ARTICLE: AI IN TELEVISION & FILM PRODUCTION

2nd August 2023
ARTICLE: AI IN TELEVISION & FILM PRODUCTION

Artificial intelligence and its ever-increasing evolution has sent ripples and to some, shockwaves across many industries worldwide including television production and broadcasting. But how has it affected broadcasting and production processes? What is its future? And should we be afraid or ready to embrace? We take a look at just a few ways AI can impact television and film production.   
 
What is it? 
AI is not a new phenomenon; it has been around for decades with the term ‘AI’ first coined as early as 1956. AI automates manual and routine tasks and can produce amazing results in half the time. Powerful AI video editing tools can assemble clips, add filters, transitions and resize content, potentially saving hours of time and effort in the post-production process. It has the power to sift through vast amounts of raw video footage to locate tiny elements needed, allowing broadcasters to quickly produce high volume concise video content packages ready for output across Social or online platforms.  
 
What is it capable of? 
AI imagery and video software has achieved astounding visual mastery through Deepfake technology creating convincing but entirely fictional photos from scratch.  Some television productions such as the BBC’s recent documentary ‘Hong Kong’s Fight For Freedom’ used AI to protect the identities of the protesters who were interviewed. AI spent two months learning how to map faces onto the faces of the protesters, helping to protect identities within the groundbreaking documentary. 
 
AI has the potential to be invaluable in both assisting existing restoration processes and improving overall video quality. For example, black and white footage can be recoloured by taking existing archive material and colour information from similar frames and recreating this material in colour in just 30 seconds instead of 30 minutes.
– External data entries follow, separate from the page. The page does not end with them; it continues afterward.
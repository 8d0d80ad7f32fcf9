-- ===== src/AgentDrawer/Store.antt =====
-- src/features/collaboration/agentDrawerStore.ts and agentDrawerContracts.ts: the drawer's state for
-- each channel binding. A function that the store returns takes the store and gives the new one.
use tea_desktop.Base.{
  ℕ, ◌+◌, ◌-◌, Bool, true, false, not, ◌&&◌, ◌||◌, List, [], ◌∷◌, ◌++◌, Option, none, some,
  if◌then◌else◌, length, ltb, any, drop, filter, get_or,
}
use tea_desktop.Base.Map
use tea_desktop.Conversation.{PermissionMode, default_mode}
use tea_desktop.Base.Text.{Text, codes, text_eq, is_empty}

-- src/types/channelCollaboration.ts
pub record MessageRef : Type 0 where
  pub channel_ref : Text
  pub message_client_id : Text
  pub message_server_id : Option Text

pub record ChannelBinding : Type 0 where
  pub transport_id : Text
  pub account_ref : Text
  pub channel_ref : Text

pub data ChannelSourceState : Type 0 where
  source_active source_modified source_revoked source_deleted : ChannelSourceState

pub record ChannelSourceInput : Type 0 where
  pub message_ref : MessageRef
  pub sender_name : Text
  pub sent_at : ℕ
  pub sent_by_current_user : Bool
  pub text : Text
  pub captured_at : ℕ
  pub state : ChannelSourceState

pub data AgentDrawerPhase : Type 0 where
  index preparing creating active : AgentDrawerPhase

pub data AgentSessionListMode : Type 0 where
  recent all : AgentSessionListMode

-- src/features/conversation/contracts.ts
pub record ComposerAttachment : Type 0 where
  pub id : Text
  pub name : Text
  pub size : ℕ

pub record AgentDrawerDraft : Type 0 where
  pub runtime_id : Option Text
  pub model : Text
  pub permission_mode : PermissionMode
  pub role_id : Option Text
  pub text : Text
  pub attachments : List ComposerAttachment
  pub sources : List ChannelSourceInput
  pub creation_idempotency_key : Text
  pub conversation_id : Option Text

pub record AgentDrawerChannelState : Type 0 where
  pub binding : ChannelBinding
  pub phase : AgentDrawerPhase
  pub list_mode : AgentSessionListMode
  pub query : Text
  pub scroll_offset : ℕ
  pub selected_conversation_id : Option Text
  pub draft : AgentDrawerDraft

-- The fields that `updateDraft` is given; those that are `null`able are options of their own.
pub record DraftPatch : Type 0 where
  pub runtime_id : Option (Option Text)
  pub model : Option Text
  pub permission_mode : Option PermissionMode
  pub role_id : Option (Option Text)
  pub text : Option Text
  pub attachments : Option (List ComposerAttachment)

-- `drawn` counts the calls of `crypto.randomUUID`.
pub record AgentDrawerStore : Type 0 where
  pub states : List (Text × AgentDrawerChannelState)
  pub active_key : Option Text
  pub drawn : ℕ

abbrev pub new_store : AgentDrawerStore
new_store = record { states = []; active_key = none; drawn = 0 }

-- A scroll offset: zero or more, or less than zero.
pub data ℤ : Type 0 where
  pos negsuc : ℕ → ℤ

abbrev pub is_preparing : AgentDrawerPhase → Bool
is_preparing preparing = true
is_preparing _ = false

abbrev pub is_creating : AgentDrawerPhase → Bool
is_creating creating = true
is_creating _ = false

-- A text that is neither `null` nor empty.
abbrev pub is_truthy : Option Text → Bool
is_truthy none = false
is_truthy (some t) = not (is_empty t)

abbrev pub server_id_agrees : Option Text → Option Text → Bool
server_id_agrees none right = true
server_id_agrees (some l) none = true
server_id_agrees (some l) (some r) = text_eq l r

-- `sameSource` of channelPrompt.ts
unfoldable pub same_source : ChannelSourceInput → ChannelSourceInput → Bool
same_source left right =
    text_eq left.message_ref.channel_ref right.message_ref.channel_ref
    && text_eq left.message_ref.message_client_id right.message_ref.message_client_id
    && server_id_agrees left.message_ref.message_server_id right.message_ref.message_server_id

abbrev pub max_sources : ℕ
max_sources = 20

-- `sources.splice(0, sources.length - 20)` where there are more than 20
unfoldable pub keep_last : List ChannelSourceInput → List ChannelSourceInput
keep_last sources =
    if ltb max_sources (length sources)
    then drop (length sources - max_sources) sources
    else sources

unfoldable pub staged : ChannelSourceInput → List ChannelSourceInput → List ChannelSourceInput
unfolding keep_last
staged source sources =
    keep_last (
      if any (λ value. same_source value source) sources then sources else sources ++ (source ∷ []))

abbrev pub prepared : Option Text → AgentDrawerChannelState → AgentDrawerChannelState
prepared runtime_id state = record state {
  phase = preparing;
  selected_conversation_id = none;
  draft =
      if is_truthy runtime_id then record state.draft { runtime_id = runtime_id } else state.draft;
}

abbrev pub set_phase : AgentDrawerPhase → AgentDrawerChannelState → AgentDrawerChannelState
set_phase phase state = record state { phase = phase }

abbrev pub selected : Text → AgentDrawerChannelState → AgentDrawerChannelState
selected conversation_id state = record state {
  phase = active;
  selected_conversation_id = some conversation_id;
  draft = record state.draft { conversation_id = some conversation_id };
}

abbrev pub awaits : AgentDrawerChannelState → Text → Bool
awaits state key = is_creating state.phase && text_eq state.draft.creation_idempotency_key key

abbrev pub to_index : AgentDrawerChannelState → AgentDrawerChannelState
to_index state = record state { phase = index; selected_conversation_id = none }

-- `Math.max(0, offset)`
abbrev pub at_least_zero : ℤ → ℕ
at_least_zero (pos n) = n
at_least_zero (negsuc n) = 0

abbrev pub patched : DraftPatch → AgentDrawerDraft → AgentDrawerDraft
patched patch draft = record draft {
  runtime_id = get_or patch.runtime_id draft.runtime_id;
  model = get_or patch.model draft.model;
  permission_mode = get_or patch.permission_mode draft.permission_mode;
  role_id = get_or patch.role_id draft.role_id;
  text = get_or patch.text draft.text;
  attachments = get_or patch.attachments draft.attachments;
}

abbrev pub on_draft :
    (AgentDrawerDraft → AgentDrawerDraft) → AgentDrawerChannelState → AgentDrawerChannelState
on_draft change state = record state { draft = change state.draft }

abbrev pub without : Text → List ChannelSourceInput → List ChannelSourceInput
without message_client_id sources =
    filter (λ source. not (text_eq source.message_ref.message_client_id message_client_id)) sources

-- The calls of the store's functions.
pub data Action : Type 0 where
  activates : Option ChannelBinding → Action
  prepares : ChannelBinding → Option Text → Action
  begins : ChannelBinding → Action
  completes : ChannelBinding → Text → Text → Action
  fails : ChannelBinding → Text → Action
  selects : ChannelBinding → Text → Action
  goes_back : ChannelBinding → Action
  lists : ChannelBinding → AgentSessionListMode → Action
  queries : ChannelBinding → Text → Action
  scrolls : ChannelBinding → ℤ → Action
  updates : ChannelBinding → DraftPatch → Action
  stages : ChannelBinding → ChannelSourceInput → Action
  unstages : ChannelBinding → Text → Action
  consumes cancels clears : ChannelBinding → Action
  disposes : Action

-- `serialize` is `JSON.stringify` on a list of three texts, `uuid` the results of `randomUUID`.
module _ (serialize : Text → Text → Text → Text) (uuid : ℕ → Text) where
  abbrev pub serialize_channel_binding : ChannelBinding → Text
  serialize_channel_binding b = serialize b.transport_id b.account_ref b.channel_ref

  abbrev pub create_draft : Option Text → ℕ → AgentDrawerDraft
  create_draft runtime_id n = record {
    runtime_id = runtime_id;
    model = codes "default";
    permission_mode = default_mode;
    role_id = none;
    text = [];
    attachments = [];
    sources = [];
    creation_idempotency_key = uuid n;
    conversation_id = none;
  }

  abbrev pub new_state : ChannelBinding → ℕ → AgentDrawerChannelState
  new_state binding n = record {
    binding = binding;
    phase = index;
    list_mode = recent;
    query = [];
    scroll_offset = 0;
    selected_conversation_id = none;
    draft = create_draft none n;
  }

  unfoldable pub ensure_state :
      AgentDrawerStore → ChannelBinding → AgentDrawerStore × AgentDrawerChannelState
  ensure_state s binding =
      let key = serialize_channel_binding binding in
      let state = new_state binding s.drawn in
      elim (Map.get key s.states) [
        | some found ↦ (s, found)
        | none ↦ (record s { states = Map.set key state s.states; drawn = s.drawn + 1 }, state)
      ]

  -- Assignments to the fields of the state that `ensureState` gives.
  unfoldable pub assign :
      (AgentDrawerChannelState → AgentDrawerChannelState)
      → AgentDrawerStore
      → ChannelBinding
      → AgentDrawerStore
  assign change s binding =
      let ensured = ensure_state s binding in
      record ensured.0 {
        states = Map.set (serialize_channel_binding binding) (change ensured.1) ensured.0.states;
      }

  unfoldable pub activate_binding : AgentDrawerStore → Option ChannelBinding → AgentDrawerStore
  activate_binding s none = record s { active_key = none }
  activate_binding s (some binding) =
      (ensure_state (record s { active_key = some (serialize_channel_binding binding) }) binding).0

  unfoldable pub prepare : AgentDrawerStore → ChannelBinding → Option Text → AgentDrawerStore
  prepare s binding runtime_id = assign (prepared runtime_id) s binding

  unfoldable pub begin_creation : AgentDrawerStore → ChannelBinding → AgentDrawerStore × Option Text
  begin_creation s binding =
      let ensured = ensure_state s binding in
      if not (is_preparing ensured.1.phase) || not (is_truthy ensured.1.draft.runtime_id)
      then (ensured.0, none)
      else (assign (set_phase creating) s binding, some ensured.1.draft.creation_idempotency_key)

  unfoldable pub complete_creation :
      AgentDrawerStore → ChannelBinding → Text → Text → AgentDrawerStore × Bool
  complete_creation s binding key conversation_id =
      let ensured = ensure_state s binding in
      if not (awaits ensured.1 key)
      then (ensured.0, false)
      else (assign (selected conversation_id) s binding, true)

  unfoldable pub creation_failed : AgentDrawerStore → ChannelBinding → Text → AgentDrawerStore
  creation_failed s binding key =
      assign (λ state. if awaits state key then set_phase preparing state else state) s binding

  unfoldable pub select_conversation : AgentDrawerStore → ChannelBinding → Text → AgentDrawerStore
  select_conversation s binding conversation_id = assign (selected conversation_id) s binding

  unfoldable pub back : AgentDrawerStore → ChannelBinding → AgentDrawerStore
  back s binding = assign to_index s binding

  unfoldable pub set_list_mode :
      AgentDrawerStore → ChannelBinding → AgentSessionListMode → AgentDrawerStore
  set_list_mode s binding mode = assign (λ state. record state { list_mode = mode }) s binding

  unfoldable pub set_query : AgentDrawerStore → ChannelBinding → Text → AgentDrawerStore
  set_query s binding query = assign (λ state. record state { query = query }) s binding

  unfoldable pub set_scroll_offset : AgentDrawerStore → ChannelBinding → ℤ → AgentDrawerStore
  set_scroll_offset s binding offset =
      assign (λ state. record state { scroll_offset = at_least_zero offset }) s binding

  unfoldable pub update_draft : AgentDrawerStore → ChannelBinding → DraftPatch → AgentDrawerStore
  update_draft s binding patch = assign (on_draft (patched patch)) s binding

  unfoldable pub stage_source :
      AgentDrawerStore → ChannelBinding → ChannelSourceInput → AgentDrawerStore
  stage_source s binding source =
      assign (on_draft (λ draft. record draft { sources = staged source draft.sources })) s binding

  unfoldable pub remove_source : AgentDrawerStore → ChannelBinding → Text → AgentDrawerStore
  remove_source s binding message_client_id =
      assign
        (on_draft (λ draft. record draft { sources = without message_client_id draft.sources })) s
        binding

  unfoldable pub consume_accepted_input : AgentDrawerStore → ChannelBinding → AgentDrawerStore
  consume_accepted_input s binding =
      assign (on_draft (λ draft. record draft { text = []; attachments = []; sources = [] })) s
        binding

  unfoldable pub cancel_draft : AgentDrawerStore → ChannelBinding → AgentDrawerStore
  cancel_draft s binding =
      let ensured = ensure_state s binding in
      let n = ensured.0.drawn in
      let cleared =
        assign (λ state. record (to_index state) { draft = create_draft state.draft.runtime_id n })
          s binding in
      record cleared { drawn = n + 1 }

  unfoldable pub clear_binding : AgentDrawerStore → ChannelBinding → AgentDrawerStore
  clear_binding s binding =
      let key = serialize_channel_binding binding in
      record s {
        states = Map.delete key s.states;
        active_key = elim s.active_key [
          | none ↦ none
          | some k ↦ if text_eq k key then none else some k
        ];
      }

  abbrev pub dispose : AgentDrawerStore → AgentDrawerStore
  dispose s = record s { states = []; active_key = none }

  unfoldable pub step : AgentDrawerStore → Action → AgentDrawerStore
  step s (activates binding) = activate_binding s binding
  step s (prepares b runtime_id) = prepare s b runtime_id
  step s (begins b) = (begin_creation s b).0
  step s (completes b key id) = (complete_creation s b key id).0
  step s (fails b key) = creation_failed s b key
  step s (selects b id) = select_conversation s b id
  step s (goes_back b) = back s b
  step s (lists b mode) = set_list_mode s b mode
  step s (queries b query) = set_query s b query
  step s (scrolls b offset) = set_scroll_offset s b offset
  step s (updates b patch) = update_draft s b patch
  step s (stages b source) = stage_source s b source
  step s (unstages b id) = remove_source s b id
  step s (consumes b) = consume_accepted_input s b
  step s (cancels b) = cancel_draft s b
  step s (clears b) = clear_binding s b
  step s disposes = dispose s

  unfoldable pub run : AgentDrawerStore → List Action → AgentDrawerStore
  run s [] = s
  run s (a ∷ actions) = run (step s a) actions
Similar processes were used in restoring a 1906 video shot days before a devastating earthquake in Victorian San Francisco. Now enhanced and restored by AI, ‘A Trip Down Market Street’, is now higher resolution with a higher frame rate, and vibrant colours bringing alive stunning visuals of San Francisco before the earthquake struck.  
 
What are the drawbacks? 
All of this advanced super human technology is not without contention. Deepfake technology in particular has the potential to spread disinformation: in the run up to the 2020 US elections Facebook banned deepfake videos that were seen to likely mislead viewers into thinking politicians had said something they didn’t. Fears of AI replacing swathes of jobs across the board from copywriters, video editors, directors and actors, all have struck the heart of Hollywood. The Writers Guild of America and now Screen Actors Guild-American Federation of Television and Radio Artists have forced major studios to halt production in response to the impact AI is having on the film and television industry. Legality of AI and copyright is also a major contentious element, which has sparked a number of legal cases taken against AI software companies such as ChatGPT.  
 
But where is this all heading? What is the future of AI? AI will continue to evolve and mature but currently hasn’t the capacity to actually replace human jobs. It still needs human intervention, tweaks and knowledge to learn. Yet it is clearly a powerful tool to work alongside, and experiment, test its boundaries and see what happens!